:: Work item ::
Go through the entries one line at a time, and gather every line that has the word "Fails".

:: Supplied records ::
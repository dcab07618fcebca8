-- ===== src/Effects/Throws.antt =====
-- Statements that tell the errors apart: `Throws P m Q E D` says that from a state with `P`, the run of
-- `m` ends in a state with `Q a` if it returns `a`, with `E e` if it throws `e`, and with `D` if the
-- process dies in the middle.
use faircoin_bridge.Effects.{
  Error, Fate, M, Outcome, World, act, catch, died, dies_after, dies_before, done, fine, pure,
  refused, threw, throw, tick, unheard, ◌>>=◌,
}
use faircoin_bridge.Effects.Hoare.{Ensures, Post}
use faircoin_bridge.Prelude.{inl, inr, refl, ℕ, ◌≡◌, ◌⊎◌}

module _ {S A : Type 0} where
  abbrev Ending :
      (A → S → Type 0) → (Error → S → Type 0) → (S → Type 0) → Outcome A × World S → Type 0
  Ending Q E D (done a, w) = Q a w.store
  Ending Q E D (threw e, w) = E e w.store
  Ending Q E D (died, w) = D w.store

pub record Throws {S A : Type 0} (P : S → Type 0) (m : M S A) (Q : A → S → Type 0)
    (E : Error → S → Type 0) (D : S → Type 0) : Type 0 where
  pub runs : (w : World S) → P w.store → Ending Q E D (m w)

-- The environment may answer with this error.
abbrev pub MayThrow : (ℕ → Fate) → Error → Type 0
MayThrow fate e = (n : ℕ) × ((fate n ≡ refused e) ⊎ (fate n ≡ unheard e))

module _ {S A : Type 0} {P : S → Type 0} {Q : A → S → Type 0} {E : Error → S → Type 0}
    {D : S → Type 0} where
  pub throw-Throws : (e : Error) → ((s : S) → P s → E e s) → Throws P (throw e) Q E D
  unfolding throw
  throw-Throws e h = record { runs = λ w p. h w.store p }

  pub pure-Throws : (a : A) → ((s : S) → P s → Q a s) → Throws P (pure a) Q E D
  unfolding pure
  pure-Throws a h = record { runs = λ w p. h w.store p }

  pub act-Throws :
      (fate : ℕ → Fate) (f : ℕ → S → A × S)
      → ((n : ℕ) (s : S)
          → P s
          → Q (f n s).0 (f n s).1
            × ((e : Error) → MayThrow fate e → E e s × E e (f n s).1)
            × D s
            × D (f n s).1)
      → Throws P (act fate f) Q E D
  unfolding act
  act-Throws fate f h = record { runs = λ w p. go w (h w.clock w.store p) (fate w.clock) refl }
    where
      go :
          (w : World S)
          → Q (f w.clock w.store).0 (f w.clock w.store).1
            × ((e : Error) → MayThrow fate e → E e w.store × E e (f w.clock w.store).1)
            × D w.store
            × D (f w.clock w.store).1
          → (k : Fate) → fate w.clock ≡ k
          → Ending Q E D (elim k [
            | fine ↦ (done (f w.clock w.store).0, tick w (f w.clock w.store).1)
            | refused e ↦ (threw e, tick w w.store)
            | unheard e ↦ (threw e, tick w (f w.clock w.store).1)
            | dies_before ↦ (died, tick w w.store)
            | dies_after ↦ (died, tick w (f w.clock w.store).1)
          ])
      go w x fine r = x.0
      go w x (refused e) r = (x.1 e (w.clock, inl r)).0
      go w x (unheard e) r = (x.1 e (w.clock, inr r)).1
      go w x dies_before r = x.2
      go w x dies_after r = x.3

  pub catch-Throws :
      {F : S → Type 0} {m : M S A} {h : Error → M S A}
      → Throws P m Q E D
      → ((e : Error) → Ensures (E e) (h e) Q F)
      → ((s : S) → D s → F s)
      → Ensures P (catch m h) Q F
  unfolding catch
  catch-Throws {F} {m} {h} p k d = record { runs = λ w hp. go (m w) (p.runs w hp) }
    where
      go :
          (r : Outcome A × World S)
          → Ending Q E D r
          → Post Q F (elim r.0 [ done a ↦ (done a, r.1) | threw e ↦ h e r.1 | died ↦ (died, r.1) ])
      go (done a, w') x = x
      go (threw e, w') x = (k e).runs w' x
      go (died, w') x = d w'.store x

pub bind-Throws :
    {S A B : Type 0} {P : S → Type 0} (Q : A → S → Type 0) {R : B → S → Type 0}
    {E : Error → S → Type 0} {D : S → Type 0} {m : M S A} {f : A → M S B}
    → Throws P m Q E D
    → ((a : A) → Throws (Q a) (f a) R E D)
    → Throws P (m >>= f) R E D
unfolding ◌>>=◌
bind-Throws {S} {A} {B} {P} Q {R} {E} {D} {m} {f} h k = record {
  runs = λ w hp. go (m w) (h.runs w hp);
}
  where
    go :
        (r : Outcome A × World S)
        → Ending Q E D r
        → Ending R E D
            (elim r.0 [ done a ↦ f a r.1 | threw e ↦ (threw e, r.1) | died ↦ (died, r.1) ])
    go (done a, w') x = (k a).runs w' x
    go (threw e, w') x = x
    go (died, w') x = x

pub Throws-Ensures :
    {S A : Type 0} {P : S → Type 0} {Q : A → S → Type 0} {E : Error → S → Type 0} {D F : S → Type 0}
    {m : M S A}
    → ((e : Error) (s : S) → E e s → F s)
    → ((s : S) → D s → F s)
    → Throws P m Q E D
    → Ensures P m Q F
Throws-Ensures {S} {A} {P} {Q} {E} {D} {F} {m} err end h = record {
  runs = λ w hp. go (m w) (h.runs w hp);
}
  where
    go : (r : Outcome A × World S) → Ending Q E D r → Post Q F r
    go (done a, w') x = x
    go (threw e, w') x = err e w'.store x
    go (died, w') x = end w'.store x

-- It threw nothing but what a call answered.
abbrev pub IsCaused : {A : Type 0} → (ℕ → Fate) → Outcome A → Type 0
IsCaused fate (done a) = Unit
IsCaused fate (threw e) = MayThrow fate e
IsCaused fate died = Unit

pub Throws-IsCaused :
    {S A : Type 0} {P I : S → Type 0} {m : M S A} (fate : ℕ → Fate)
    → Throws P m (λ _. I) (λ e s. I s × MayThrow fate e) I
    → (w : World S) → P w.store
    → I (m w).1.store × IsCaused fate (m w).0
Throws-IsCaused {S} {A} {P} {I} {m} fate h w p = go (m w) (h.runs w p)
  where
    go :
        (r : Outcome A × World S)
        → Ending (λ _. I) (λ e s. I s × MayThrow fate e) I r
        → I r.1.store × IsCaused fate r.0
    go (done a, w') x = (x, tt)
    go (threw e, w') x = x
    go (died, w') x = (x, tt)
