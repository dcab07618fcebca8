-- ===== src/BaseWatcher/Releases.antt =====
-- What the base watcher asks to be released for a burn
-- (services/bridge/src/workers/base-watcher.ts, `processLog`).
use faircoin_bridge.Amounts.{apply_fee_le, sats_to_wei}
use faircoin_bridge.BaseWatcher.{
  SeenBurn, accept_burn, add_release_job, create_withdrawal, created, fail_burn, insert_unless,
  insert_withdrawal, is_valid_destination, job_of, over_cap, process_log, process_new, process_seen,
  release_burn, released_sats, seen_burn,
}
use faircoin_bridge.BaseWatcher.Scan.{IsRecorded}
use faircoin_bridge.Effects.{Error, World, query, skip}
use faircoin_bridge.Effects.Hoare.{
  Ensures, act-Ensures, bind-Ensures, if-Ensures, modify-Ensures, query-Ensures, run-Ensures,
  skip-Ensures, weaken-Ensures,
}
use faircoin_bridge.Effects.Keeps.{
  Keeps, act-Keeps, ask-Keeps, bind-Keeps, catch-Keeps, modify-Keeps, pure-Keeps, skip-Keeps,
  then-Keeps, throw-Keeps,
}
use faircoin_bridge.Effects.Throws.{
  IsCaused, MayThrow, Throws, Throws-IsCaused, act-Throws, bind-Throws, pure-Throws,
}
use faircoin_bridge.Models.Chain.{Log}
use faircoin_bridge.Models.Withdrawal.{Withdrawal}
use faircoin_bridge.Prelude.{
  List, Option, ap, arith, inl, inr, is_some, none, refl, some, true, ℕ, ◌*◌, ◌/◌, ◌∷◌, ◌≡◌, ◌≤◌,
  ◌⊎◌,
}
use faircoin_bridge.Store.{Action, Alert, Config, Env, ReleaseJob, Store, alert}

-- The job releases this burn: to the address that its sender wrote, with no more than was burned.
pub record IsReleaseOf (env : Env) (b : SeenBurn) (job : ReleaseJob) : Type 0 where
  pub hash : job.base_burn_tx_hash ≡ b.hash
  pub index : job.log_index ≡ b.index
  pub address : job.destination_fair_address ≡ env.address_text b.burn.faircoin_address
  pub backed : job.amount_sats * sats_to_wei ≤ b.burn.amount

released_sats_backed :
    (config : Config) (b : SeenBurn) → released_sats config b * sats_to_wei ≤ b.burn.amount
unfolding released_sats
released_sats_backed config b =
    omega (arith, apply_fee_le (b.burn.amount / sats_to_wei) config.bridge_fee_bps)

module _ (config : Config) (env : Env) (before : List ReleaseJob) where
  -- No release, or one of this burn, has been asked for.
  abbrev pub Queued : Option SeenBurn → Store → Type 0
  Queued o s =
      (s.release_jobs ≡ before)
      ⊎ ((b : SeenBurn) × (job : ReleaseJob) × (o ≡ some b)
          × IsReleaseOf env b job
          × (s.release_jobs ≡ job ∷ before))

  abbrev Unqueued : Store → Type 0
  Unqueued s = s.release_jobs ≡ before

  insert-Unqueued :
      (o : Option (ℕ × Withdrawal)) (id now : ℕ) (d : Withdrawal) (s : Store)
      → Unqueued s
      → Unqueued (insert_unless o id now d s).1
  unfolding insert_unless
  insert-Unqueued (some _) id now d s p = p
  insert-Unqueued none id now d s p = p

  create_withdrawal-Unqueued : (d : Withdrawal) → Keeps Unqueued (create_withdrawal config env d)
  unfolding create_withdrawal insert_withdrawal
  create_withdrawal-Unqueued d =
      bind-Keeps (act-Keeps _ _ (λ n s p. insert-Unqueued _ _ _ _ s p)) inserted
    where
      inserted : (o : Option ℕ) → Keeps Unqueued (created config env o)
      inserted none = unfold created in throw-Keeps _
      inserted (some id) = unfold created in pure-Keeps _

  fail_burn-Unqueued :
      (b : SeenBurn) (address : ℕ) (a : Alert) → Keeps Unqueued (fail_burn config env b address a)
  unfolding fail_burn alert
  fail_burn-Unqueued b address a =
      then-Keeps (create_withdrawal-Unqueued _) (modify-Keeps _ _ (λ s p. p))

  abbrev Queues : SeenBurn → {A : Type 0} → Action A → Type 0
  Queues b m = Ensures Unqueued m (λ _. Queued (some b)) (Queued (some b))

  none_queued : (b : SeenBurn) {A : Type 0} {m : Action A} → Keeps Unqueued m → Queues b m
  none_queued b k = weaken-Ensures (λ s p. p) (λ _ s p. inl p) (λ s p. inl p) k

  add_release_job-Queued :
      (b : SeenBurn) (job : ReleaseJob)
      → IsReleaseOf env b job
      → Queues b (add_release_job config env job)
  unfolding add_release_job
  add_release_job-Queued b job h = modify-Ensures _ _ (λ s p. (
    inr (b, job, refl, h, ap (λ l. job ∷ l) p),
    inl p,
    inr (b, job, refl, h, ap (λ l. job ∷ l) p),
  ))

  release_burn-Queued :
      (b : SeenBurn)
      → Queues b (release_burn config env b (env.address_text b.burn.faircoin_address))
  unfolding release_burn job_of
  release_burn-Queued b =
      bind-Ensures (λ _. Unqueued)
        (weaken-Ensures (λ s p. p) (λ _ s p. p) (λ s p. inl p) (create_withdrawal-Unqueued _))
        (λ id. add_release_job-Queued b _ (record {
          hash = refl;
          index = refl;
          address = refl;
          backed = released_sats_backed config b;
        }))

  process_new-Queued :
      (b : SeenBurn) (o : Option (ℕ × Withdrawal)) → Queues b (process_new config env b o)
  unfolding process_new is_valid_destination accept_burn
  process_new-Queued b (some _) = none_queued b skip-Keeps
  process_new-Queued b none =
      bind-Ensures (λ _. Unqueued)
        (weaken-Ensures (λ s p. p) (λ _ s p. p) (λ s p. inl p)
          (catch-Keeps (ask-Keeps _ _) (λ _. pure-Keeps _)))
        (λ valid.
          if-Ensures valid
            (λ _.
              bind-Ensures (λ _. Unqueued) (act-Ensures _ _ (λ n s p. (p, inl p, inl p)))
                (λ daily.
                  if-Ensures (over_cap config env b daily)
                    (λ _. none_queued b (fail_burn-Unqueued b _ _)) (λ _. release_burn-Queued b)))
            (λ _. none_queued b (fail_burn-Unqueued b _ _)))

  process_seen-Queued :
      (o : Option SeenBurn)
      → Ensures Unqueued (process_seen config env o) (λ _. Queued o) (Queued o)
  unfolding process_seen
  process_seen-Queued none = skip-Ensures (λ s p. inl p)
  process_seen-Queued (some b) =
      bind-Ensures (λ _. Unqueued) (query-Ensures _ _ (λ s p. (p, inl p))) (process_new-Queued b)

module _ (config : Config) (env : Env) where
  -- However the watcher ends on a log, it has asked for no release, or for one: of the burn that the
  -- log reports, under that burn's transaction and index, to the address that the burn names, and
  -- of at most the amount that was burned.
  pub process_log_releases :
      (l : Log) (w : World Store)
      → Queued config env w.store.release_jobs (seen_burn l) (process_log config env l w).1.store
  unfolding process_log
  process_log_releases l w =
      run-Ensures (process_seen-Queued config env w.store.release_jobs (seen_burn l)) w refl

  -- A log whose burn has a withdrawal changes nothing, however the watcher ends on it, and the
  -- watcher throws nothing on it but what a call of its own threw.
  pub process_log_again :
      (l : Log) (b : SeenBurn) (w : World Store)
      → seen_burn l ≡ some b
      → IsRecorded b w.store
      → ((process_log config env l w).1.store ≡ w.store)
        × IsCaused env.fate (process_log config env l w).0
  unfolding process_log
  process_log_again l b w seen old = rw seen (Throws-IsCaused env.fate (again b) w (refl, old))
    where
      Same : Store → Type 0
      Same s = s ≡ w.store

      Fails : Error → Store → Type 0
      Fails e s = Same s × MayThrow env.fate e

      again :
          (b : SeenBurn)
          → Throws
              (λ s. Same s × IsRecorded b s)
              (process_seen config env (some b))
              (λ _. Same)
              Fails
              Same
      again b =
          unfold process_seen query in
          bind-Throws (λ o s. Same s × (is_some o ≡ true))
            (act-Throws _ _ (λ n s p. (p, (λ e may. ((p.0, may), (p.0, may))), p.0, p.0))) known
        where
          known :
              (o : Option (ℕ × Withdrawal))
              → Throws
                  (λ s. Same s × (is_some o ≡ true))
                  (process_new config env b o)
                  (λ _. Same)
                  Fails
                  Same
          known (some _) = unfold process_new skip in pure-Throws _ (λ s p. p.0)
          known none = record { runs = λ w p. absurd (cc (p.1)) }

:: Answer section ::
      Fails : Error → Store → Type 0
      Fails e s = Same s × MayThrow env.fate e
              Fails
                  Fails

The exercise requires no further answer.